[Data entries]
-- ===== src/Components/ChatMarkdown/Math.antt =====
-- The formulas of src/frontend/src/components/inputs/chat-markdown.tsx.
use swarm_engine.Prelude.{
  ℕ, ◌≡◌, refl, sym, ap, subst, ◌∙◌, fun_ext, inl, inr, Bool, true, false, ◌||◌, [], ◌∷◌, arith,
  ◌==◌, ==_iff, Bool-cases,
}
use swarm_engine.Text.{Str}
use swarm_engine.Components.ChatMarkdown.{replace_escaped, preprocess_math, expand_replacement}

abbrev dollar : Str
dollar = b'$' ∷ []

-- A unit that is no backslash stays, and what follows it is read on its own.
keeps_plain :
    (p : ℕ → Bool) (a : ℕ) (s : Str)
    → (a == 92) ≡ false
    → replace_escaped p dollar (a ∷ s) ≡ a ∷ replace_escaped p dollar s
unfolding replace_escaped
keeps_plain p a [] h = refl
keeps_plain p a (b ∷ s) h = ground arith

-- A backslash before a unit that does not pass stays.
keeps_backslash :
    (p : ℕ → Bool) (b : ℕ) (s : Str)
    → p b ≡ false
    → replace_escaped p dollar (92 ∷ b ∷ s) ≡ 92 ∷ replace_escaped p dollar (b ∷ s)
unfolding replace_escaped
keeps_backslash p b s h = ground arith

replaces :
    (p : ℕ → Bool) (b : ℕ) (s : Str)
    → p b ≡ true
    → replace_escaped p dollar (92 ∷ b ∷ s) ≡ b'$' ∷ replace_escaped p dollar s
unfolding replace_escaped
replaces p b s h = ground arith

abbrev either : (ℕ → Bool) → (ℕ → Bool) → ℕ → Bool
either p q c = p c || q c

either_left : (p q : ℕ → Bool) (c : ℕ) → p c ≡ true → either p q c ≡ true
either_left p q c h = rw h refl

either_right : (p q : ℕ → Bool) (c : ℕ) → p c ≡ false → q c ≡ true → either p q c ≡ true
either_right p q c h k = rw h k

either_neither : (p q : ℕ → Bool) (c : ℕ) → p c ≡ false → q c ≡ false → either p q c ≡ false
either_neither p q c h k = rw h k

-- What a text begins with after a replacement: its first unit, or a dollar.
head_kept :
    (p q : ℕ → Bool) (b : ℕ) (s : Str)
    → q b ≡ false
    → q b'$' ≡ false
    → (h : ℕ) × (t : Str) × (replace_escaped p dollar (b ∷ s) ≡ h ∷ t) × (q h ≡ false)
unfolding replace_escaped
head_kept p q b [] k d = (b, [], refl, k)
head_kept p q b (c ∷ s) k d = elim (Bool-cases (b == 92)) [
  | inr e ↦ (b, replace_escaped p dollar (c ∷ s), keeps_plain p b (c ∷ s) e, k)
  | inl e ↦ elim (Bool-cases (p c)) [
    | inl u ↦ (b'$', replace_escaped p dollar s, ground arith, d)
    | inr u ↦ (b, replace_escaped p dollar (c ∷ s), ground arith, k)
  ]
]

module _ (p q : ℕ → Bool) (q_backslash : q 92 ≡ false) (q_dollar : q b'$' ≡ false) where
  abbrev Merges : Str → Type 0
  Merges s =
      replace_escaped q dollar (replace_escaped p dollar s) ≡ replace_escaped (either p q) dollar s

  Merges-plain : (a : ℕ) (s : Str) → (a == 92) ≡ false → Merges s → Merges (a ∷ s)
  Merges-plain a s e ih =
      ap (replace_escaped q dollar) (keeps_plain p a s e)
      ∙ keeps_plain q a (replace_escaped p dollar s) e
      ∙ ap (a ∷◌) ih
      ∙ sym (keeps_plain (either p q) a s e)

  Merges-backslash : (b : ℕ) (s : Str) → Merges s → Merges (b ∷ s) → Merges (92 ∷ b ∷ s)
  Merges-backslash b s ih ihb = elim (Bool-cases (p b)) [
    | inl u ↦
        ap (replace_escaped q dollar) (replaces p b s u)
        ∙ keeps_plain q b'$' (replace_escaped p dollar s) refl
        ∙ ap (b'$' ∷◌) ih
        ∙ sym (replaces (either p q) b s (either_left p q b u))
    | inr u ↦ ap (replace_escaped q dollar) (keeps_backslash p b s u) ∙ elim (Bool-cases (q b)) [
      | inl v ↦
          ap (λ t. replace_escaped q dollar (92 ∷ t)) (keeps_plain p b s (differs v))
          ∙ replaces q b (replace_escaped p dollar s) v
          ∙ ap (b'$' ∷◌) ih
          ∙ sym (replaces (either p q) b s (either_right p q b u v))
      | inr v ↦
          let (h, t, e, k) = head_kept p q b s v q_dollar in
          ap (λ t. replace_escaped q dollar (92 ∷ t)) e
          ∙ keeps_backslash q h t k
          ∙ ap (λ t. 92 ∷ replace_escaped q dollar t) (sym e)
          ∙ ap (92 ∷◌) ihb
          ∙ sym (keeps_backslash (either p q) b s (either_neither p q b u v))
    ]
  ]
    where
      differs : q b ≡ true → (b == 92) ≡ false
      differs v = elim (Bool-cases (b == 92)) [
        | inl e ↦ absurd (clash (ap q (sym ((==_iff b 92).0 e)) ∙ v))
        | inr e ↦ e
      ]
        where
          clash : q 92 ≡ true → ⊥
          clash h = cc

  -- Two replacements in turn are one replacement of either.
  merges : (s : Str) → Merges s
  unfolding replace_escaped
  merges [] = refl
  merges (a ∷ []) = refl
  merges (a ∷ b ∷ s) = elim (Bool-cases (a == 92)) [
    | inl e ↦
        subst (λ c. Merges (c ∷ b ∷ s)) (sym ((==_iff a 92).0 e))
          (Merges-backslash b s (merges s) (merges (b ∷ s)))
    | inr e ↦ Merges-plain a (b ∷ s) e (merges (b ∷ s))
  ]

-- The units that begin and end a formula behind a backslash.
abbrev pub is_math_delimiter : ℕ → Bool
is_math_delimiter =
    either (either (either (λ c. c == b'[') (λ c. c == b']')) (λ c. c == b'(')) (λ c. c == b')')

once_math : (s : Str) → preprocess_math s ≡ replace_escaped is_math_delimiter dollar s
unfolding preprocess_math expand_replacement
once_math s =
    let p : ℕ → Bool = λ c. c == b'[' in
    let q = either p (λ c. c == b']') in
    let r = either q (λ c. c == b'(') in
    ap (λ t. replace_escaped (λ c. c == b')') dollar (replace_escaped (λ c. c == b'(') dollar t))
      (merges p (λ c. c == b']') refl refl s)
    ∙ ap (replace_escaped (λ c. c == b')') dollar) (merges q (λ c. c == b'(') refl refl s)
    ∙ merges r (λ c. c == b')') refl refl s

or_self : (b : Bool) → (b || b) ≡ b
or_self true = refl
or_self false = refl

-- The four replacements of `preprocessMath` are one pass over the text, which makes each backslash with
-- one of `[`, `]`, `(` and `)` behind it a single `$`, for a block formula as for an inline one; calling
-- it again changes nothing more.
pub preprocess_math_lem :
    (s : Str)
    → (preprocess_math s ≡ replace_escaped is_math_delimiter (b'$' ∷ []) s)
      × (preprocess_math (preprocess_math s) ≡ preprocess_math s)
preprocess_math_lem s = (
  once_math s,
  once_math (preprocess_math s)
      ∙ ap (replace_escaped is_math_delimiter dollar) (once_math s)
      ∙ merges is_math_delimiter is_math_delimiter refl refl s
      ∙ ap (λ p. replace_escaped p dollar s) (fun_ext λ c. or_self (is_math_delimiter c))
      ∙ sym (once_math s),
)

**GOAL OF THE EXERCISE**:
The required output is every line above from the one with "either_neither : (p" down to the one with "(Bool-cases (p c))", restated word for word, ends included.

**RESULT FOR THIS TASK**:
either_neither : (p q : ℕ → Bool) (c : ℕ) → p c ≡ false → q c ≡ false → either p q c ≡ false
either_neither p q c h k = rw h k

-- What a text begins with after a replacement: its first unit, or a dollar.
head_kept :
    (p q : ℕ → Bool) (b : ℕ) (s : Str)
    → q b ≡ false
    → q b'$' ≡ false
    → (h : ℕ) × (t : Str) × (replace_escaped p dollar (b ∷ s) ≡ h ∷ t) × (q h ≡ false)
unfolding replace_escaped
head_kept p q b [] k d = (b, [], refl, k)
head_kept p q b (c ∷ s) k d = elim (Bool-cases (b == 92)) [
  | inr e ↦ (b, replace_escaped p dollar (c ∷ s), keeps_plain p b (c ∷ s) e, k)
  | inl e ↦ elim (Bool-cases (p c)) [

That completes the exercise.